TASK INSTRUCTIONS — Give the lines of the material verbatim, from the first line to the line with "SlotView s id slot", including both.

PROVIDED DATA —
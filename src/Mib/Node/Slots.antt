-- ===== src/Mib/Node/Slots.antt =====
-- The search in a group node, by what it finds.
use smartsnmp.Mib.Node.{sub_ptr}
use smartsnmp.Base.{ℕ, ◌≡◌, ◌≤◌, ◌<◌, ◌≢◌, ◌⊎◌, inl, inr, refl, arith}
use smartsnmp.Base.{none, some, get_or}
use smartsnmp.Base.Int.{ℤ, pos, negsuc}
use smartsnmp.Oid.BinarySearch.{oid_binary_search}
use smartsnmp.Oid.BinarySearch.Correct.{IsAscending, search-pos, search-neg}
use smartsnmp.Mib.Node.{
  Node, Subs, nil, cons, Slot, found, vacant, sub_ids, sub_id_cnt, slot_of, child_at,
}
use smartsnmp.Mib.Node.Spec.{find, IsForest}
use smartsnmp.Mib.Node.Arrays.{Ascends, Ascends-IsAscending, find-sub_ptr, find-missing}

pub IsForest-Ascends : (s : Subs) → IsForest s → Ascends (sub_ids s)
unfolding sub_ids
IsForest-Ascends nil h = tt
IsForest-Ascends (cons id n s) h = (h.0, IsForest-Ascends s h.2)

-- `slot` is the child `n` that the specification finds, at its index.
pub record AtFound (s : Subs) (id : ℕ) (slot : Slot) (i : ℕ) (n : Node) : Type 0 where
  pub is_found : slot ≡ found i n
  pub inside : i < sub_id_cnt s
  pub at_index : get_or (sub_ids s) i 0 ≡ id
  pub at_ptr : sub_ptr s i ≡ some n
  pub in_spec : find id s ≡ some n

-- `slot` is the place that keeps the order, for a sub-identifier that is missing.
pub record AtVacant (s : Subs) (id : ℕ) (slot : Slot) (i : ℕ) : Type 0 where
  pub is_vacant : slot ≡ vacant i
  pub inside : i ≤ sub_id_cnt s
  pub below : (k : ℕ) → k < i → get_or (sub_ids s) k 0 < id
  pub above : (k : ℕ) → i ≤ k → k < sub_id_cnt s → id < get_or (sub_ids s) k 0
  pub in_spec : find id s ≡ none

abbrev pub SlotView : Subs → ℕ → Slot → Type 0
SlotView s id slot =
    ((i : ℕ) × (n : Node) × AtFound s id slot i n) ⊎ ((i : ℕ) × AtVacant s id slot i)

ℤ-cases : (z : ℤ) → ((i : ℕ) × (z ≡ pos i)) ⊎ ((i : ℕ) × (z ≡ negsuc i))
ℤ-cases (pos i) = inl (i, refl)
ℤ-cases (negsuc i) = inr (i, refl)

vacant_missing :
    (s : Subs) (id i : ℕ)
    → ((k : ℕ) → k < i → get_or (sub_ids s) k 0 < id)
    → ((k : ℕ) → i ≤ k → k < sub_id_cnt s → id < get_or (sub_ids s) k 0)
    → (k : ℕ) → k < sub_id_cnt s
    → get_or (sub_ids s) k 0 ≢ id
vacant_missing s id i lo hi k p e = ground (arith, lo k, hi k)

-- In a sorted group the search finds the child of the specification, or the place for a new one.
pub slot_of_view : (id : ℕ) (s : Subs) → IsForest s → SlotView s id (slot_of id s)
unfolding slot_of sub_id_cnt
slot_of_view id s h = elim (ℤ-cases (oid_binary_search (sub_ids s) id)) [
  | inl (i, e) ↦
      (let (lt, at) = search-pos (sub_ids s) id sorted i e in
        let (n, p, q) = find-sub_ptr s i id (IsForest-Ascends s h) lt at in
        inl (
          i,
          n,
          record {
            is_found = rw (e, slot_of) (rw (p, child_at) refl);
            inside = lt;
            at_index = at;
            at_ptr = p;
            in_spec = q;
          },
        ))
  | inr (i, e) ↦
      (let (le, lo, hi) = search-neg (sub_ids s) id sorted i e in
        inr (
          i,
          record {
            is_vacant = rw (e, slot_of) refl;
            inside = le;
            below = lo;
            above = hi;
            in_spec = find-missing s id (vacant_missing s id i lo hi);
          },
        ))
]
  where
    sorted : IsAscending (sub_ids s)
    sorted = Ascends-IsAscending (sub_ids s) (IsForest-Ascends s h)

ANSWER —
filename src/Mib/Node/Slots.antt
-- ===== src/Mib/Node/Slots.antt =====
-- The search in a group node, by what it finds.
use smartsnmp.Mib.Node.{sub_ptr}
use smartsnmp.Base.{ℕ, ◌≡◌, ◌≤◌, ◌<◌, ◌≢◌, ◌⊎◌, inl, inr, refl, arith}
use smartsnmp.Base.{none, some, get_or}
use smartsnmp.Base.Int.{ℤ, pos, negsuc}
use smartsnmp.Oid.BinarySearch.{oid_binary_search}
use smartsnmp.Oid.BinarySearch.Correct.{IsAscending, search-pos, search-neg}
use smartsnmp.Mib.Node.{
  Node, Subs, nil, cons, Slot, found, vacant, sub_ids, sub_id_cnt, slot_of, child_at,
}
use smartsnmp.Mib.Node.Spec.{find, IsForest}
use smartsnmp.Mib.Node.Arrays.{Ascends, Ascends-IsAscending, find-sub_ptr, find-missing}

pub IsForest-Ascends : (s : Subs) → IsForest s → Ascends (sub_ids s)
unfolding sub_ids
IsForest-Ascends nil h = tt
IsForest-Ascends (cons id n s) h = (h.0, IsForest-Ascends s h.2)

-- `slot` is the child `n` that the specification finds, at its index.
pub record AtFound (s : Subs) (id : ℕ) (slot : Slot) (i : ℕ) (n : Node) : Type 0 where
  pub is_found : slot ≡ found i n
  pub inside : i < sub_id_cnt s
  pub at_index : get_or (sub_ids s) i 0 ≡ id
  pub at_ptr : sub_ptr s i ≡ some n
  pub in_spec : find id s ≡ some n

-- `slot` is the place that keeps the order, for a sub-identifier that is missing.
pub record AtVacant (s : Subs) (id : ℕ) (slot : Slot) (i : ℕ) : Type 0 where
  pub is_vacant : slot ≡ vacant i
  pub inside : i ≤ sub_id_cnt s
  pub below : (k : ℕ) → k < i → get_or (sub_ids s) k 0 < id
  pub above : (k : ℕ) → i ≤ k → k < sub_id_cnt s → id < get_or (sub_ids s) k 0
  pub in_spec : find id s ≡ none

abbrev pub SlotView : Subs → ℕ → Slot → Type 0
SlotView s id slot =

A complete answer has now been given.